■ Available records

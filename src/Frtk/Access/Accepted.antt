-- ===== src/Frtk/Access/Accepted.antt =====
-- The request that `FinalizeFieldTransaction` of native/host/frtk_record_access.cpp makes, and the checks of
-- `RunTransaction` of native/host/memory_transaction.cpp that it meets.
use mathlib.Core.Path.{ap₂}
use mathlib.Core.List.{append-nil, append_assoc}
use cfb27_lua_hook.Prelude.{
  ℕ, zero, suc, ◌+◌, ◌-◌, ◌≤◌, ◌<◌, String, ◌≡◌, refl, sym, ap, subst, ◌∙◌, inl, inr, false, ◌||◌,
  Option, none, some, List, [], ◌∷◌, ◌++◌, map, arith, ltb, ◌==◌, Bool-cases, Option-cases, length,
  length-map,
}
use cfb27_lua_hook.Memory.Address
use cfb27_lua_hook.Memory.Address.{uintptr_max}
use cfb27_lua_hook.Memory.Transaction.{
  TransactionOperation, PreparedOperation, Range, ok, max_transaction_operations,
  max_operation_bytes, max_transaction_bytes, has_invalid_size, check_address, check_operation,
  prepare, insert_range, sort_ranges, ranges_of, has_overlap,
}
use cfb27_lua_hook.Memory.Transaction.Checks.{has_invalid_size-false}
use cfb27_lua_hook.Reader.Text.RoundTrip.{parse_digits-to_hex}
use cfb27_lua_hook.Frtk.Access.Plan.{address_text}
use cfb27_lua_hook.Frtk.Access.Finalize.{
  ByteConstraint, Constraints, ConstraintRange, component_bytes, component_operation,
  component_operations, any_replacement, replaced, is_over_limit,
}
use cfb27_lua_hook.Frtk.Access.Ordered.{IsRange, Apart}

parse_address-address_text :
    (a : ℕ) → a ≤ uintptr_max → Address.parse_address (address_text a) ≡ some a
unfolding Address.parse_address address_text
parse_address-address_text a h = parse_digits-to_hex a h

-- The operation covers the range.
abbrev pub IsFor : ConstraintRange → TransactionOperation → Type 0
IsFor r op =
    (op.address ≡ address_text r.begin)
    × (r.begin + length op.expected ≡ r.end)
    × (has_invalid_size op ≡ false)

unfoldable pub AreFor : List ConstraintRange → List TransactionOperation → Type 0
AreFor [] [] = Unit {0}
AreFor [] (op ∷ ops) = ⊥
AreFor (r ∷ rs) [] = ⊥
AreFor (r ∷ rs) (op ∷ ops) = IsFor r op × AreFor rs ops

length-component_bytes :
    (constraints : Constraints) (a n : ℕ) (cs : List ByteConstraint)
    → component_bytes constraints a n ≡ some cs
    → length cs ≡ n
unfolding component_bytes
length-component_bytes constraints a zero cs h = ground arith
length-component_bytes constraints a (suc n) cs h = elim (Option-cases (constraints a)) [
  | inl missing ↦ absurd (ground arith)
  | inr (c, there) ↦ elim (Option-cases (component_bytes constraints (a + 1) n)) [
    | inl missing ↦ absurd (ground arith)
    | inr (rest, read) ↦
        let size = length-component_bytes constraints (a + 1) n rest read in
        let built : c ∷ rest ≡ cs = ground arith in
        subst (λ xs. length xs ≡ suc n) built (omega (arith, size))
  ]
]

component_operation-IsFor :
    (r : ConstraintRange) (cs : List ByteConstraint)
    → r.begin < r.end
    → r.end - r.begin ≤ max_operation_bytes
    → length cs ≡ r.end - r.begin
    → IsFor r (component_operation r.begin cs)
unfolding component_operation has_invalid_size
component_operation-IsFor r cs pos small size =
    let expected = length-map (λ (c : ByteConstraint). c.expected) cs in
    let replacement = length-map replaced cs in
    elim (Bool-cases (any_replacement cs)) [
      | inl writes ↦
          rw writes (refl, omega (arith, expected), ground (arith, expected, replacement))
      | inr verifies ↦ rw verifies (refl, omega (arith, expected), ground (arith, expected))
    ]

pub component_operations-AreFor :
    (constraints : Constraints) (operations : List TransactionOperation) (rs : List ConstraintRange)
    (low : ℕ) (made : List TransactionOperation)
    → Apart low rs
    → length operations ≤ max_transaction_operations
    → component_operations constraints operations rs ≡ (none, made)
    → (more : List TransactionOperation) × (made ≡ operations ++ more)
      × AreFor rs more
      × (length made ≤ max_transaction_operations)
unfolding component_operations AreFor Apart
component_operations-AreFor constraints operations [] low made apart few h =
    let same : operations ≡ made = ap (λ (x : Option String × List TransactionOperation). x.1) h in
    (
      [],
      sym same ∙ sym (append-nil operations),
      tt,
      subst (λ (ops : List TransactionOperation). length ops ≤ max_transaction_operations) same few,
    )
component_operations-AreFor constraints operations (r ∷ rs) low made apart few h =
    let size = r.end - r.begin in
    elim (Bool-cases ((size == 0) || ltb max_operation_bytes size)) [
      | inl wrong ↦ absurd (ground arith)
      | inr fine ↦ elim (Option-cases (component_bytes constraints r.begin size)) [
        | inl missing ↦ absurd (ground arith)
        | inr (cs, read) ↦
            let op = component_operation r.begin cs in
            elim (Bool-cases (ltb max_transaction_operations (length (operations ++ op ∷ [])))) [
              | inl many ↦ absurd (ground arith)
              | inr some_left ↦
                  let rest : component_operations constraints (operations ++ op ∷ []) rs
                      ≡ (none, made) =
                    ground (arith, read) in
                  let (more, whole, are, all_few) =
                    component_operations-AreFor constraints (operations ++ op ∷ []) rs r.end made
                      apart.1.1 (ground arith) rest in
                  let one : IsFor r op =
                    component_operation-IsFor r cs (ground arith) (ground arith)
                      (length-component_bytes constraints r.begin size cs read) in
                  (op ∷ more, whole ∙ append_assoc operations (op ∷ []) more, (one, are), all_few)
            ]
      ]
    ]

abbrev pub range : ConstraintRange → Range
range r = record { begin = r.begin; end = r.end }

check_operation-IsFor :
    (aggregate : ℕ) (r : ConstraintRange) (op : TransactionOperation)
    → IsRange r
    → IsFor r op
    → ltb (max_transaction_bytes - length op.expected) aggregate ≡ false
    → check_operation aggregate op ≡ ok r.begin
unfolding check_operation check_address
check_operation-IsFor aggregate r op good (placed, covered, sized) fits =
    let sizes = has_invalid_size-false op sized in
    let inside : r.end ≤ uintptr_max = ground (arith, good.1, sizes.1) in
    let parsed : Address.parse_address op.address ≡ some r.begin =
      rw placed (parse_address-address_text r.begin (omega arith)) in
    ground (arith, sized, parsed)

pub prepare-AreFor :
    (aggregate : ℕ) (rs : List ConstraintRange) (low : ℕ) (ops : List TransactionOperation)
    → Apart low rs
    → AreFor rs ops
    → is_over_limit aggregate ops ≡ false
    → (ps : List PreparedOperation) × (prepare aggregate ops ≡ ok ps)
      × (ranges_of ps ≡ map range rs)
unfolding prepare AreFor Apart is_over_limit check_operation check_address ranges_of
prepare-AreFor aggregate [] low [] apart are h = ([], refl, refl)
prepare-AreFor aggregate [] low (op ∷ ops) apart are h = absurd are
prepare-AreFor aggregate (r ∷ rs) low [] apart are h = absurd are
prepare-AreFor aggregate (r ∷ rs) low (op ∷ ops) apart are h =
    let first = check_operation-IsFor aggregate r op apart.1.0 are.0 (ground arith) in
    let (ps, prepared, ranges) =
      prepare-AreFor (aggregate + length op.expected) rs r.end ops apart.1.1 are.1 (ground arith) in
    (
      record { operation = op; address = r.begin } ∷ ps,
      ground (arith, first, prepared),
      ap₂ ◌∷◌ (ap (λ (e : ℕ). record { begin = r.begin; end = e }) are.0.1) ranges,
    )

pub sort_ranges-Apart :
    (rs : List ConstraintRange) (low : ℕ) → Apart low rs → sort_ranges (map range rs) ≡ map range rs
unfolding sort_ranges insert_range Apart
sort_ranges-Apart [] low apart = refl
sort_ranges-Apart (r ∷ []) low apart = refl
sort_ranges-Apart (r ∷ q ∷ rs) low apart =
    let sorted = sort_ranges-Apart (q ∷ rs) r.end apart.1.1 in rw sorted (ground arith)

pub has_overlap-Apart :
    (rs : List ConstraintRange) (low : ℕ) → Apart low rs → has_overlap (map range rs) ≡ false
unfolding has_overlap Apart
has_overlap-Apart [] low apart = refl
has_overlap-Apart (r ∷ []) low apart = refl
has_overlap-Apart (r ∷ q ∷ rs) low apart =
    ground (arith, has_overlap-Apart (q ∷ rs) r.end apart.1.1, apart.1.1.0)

■ Work to be completed
Of the entries listed above, reproduce only the lines starting at the line containing "inr some_left ↦" and ending at the line containing "let (more, whole, are, all_few)". Include both, exactly as they stand.

■ Written reply
              | inr some_left ↦
                  let rest : component_operations constraints (operations ++ op ∷ []) rs
                      ≡ (none, made) =
                    ground (arith, read) in
                  let (more, whole, are, all_few) =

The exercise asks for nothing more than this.